TASK BRIEF
Write out the entries below in full, exactly as given.

EXCERPTED RECORDS
┄┄┄┄┄┄┄┄┄┄┄┄┄┄┄┄┄┄┄┄
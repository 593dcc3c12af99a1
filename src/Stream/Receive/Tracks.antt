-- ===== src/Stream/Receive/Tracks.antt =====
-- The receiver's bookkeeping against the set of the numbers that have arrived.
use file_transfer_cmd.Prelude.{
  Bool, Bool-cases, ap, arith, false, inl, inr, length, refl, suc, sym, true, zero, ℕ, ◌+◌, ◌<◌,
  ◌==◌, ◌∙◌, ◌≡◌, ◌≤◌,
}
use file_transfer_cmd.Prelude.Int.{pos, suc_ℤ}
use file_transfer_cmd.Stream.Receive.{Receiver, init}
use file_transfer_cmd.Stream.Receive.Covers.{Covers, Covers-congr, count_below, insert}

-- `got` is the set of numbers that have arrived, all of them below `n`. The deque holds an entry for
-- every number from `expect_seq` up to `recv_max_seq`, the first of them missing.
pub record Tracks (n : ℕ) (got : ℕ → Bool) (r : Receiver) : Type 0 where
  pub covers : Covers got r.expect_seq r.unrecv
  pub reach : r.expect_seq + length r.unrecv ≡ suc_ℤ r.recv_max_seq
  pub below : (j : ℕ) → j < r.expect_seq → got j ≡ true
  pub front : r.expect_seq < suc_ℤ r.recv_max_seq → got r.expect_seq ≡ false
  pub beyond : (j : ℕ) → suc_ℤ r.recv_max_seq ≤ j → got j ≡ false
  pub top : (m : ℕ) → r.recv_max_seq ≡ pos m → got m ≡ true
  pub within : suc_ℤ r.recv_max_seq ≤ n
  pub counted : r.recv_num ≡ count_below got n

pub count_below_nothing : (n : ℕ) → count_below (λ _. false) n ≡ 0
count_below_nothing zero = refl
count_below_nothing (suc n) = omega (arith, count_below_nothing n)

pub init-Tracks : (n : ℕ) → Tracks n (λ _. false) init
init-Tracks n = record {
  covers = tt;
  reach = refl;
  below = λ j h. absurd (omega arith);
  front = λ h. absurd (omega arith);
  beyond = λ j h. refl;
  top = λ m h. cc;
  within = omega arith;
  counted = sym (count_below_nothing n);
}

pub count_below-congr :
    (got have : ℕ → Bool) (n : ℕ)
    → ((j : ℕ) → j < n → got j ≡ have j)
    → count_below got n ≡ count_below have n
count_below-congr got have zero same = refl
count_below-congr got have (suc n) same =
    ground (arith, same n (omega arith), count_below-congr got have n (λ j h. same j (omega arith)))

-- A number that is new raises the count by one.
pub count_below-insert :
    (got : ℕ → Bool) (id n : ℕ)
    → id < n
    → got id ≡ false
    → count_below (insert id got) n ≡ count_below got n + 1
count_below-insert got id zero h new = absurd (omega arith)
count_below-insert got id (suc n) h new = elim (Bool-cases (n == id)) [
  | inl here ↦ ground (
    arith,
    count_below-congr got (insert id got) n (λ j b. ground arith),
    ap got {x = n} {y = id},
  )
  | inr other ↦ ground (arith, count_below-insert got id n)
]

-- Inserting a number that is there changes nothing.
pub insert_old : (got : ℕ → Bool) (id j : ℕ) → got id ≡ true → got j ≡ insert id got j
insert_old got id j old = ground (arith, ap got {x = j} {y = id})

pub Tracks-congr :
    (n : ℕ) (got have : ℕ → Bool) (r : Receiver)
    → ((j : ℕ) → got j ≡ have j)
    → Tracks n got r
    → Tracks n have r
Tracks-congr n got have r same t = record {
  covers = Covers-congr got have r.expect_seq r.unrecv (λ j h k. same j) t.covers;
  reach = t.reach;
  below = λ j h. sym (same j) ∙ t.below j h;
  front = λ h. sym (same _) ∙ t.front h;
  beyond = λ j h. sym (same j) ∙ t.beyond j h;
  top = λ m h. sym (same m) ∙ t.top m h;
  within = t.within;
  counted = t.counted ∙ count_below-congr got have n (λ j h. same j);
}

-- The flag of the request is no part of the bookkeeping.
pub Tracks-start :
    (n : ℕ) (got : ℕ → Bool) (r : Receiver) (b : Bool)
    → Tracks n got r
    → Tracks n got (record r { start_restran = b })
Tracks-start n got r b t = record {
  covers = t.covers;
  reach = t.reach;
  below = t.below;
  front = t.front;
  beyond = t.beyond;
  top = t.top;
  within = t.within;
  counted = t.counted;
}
┄┄┄┄┄┄┄┄┄┄┄┄┄┄┄┄┄┄┄┄
YOUR SOLUTION
repository 593dcc3c12af99a1
filename src/Stream/Receive/Tracks.antt
-- ===== src/Stream/Receive/Tracks.antt =====
-- The receiver's bookkeeping against the set of the numbers that have arrived.
use file_transfer_cmd.Prelude.{
  Bool, Bool-cases, ap, arith, false, inl, inr, length, refl, suc, sym, true, zero, ℕ, ◌+◌, ◌<◌,
  ◌==◌, ◌∙◌, ◌≡◌, ◌≤◌,
}
use file_transfer_cmd.Prelude.Int.{pos, suc_ℤ}
use file_transfer_cmd.Stream.Receive.{Receiver, init}
use file_transfer_cmd.Stream.Receive.Covers.{Covers, Covers-congr, count_below, insert}

-- `got` is the set of numbers that have arrived, all of them below `n`. The deque holds an entry for
-- every number from `expect_seq` up to `recv_max_seq`, the first of them missing.
pub record Tracks (n : ℕ) (got : ℕ → Bool) (r : Receiver) : Type 0 where
  pub covers : Covers got r.expect_seq r.unrecv
  pub reach : r.expect_seq + length r.unrecv ≡ suc_ℤ r.recv_max_seq
  pub below : (j : ℕ) → j < r.expect_seq → got j ≡ true
  pub front : r.expect_seq < suc_ℤ r.recv_max_seq → got r.expect_seq ≡ false
  pub beyond : (j : ℕ) → suc_ℤ r.recv_max_seq ≤ j → got j ≡ false
  pub top : (m : ℕ) → r.recv_max_seq ≡ pos m → got m ≡ true
  pub within : suc_ℤ r.recv_max_seq ≤ n
  pub counted : r.recv_num ≡ count_below got n

pub count_below_nothing : (n : ℕ) → count_below (λ _. false) n ≡ 0
count_below_nothing zero = refl
count_below_nothing (suc n) = omega (arith, count_below_nothing n)

pub init-Tracks : (n : ℕ) → Tracks n (λ _. false) init
init-Tracks n = record {
  covers = tt;
  reach = refl;
  below = λ j h. absurd (omega arith);
  front = λ h. absurd (omega arith);
  beyond = λ j h. refl;
  top = λ m h. cc;
  within = omega arith;
  counted = sym (count_below_nothing n);
}

pub count_below-congr :
    (got have : ℕ → Bool) (n : ℕ)
    → ((j : ℕ) → j < n → got j ≡ have j)
    → count_below got n ≡ count_below have n
count_below-congr got have zero same = refl
count_below-congr got have (suc n) same =
    ground (arith, same n (omega arith), count_below-congr got have n (λ j h. same j (omega arith)))

-- A number that is new raises the count by one.
pub count_below-insert :
    (got : ℕ → Bool) (id n : ℕ)
    → id < n
    → got id ≡ false
    → count_below (insert id got) n ≡ count_below got n + 1
count_below-insert got id zero h new = absurd (omega arith)
count_below-insert got id (suc n) h new = elim (Bool-cases (n == id)) [
  | inl here ↦ ground (
    arith,
    count_below-congr got (insert id got) n (λ j b. ground arith),
    ap got {x = n} {y = id},
  )
  | inr other ↦ ground (arith, count_below-insert got id n)
]

-- Inserting a number that is there changes nothing.
pub insert_old : (got : ℕ → Bool) (id j : ℕ) → got id ≡ true → got j ≡ insert id got j
insert_old got id j old = ground (arith, ap got {x = j} {y = id})

pub Tracks-congr :
    (n : ℕ) (got have : ℕ → Bool) (r : Receiver)
    → ((j : ℕ) → got j ≡ have j)
    → Tracks n got r
    → Tracks n have r
Tracks-congr n got have r same t = record {
  covers = Covers-congr got have r.expect_seq r.unrecv (λ j h k. same j) t.covers;
  reach = t.reach;
  below = λ j h. sym (same j) ∙ t.below j h;
  front = λ h. sym (same _) ∙ t.front h;
  beyond = λ j h. sym (same j) ∙ t.beyond j h;
  top = λ m h. sym (same m) ∙ t.top m h;
  within = t.within;
  counted = t.counted ∙ count_below-congr got have n (λ j h. same j);
}

-- The flag of the request is no part of the bookkeeping.
pub Tracks-start :
    (n : ℕ) (got : ℕ → Bool) (r : Receiver) (b : Bool)
    → Tracks n got r
    → Tracks n got (record r { start_restran = b })
Tracks-start n got r b t = record {
  covers = t.covers;
  reach = t.reach;
  below = t.below;
  front = t.front;
  beyond = t.beyond;
  top = t.top;
  within = t.within;
  counted = t.counted;
}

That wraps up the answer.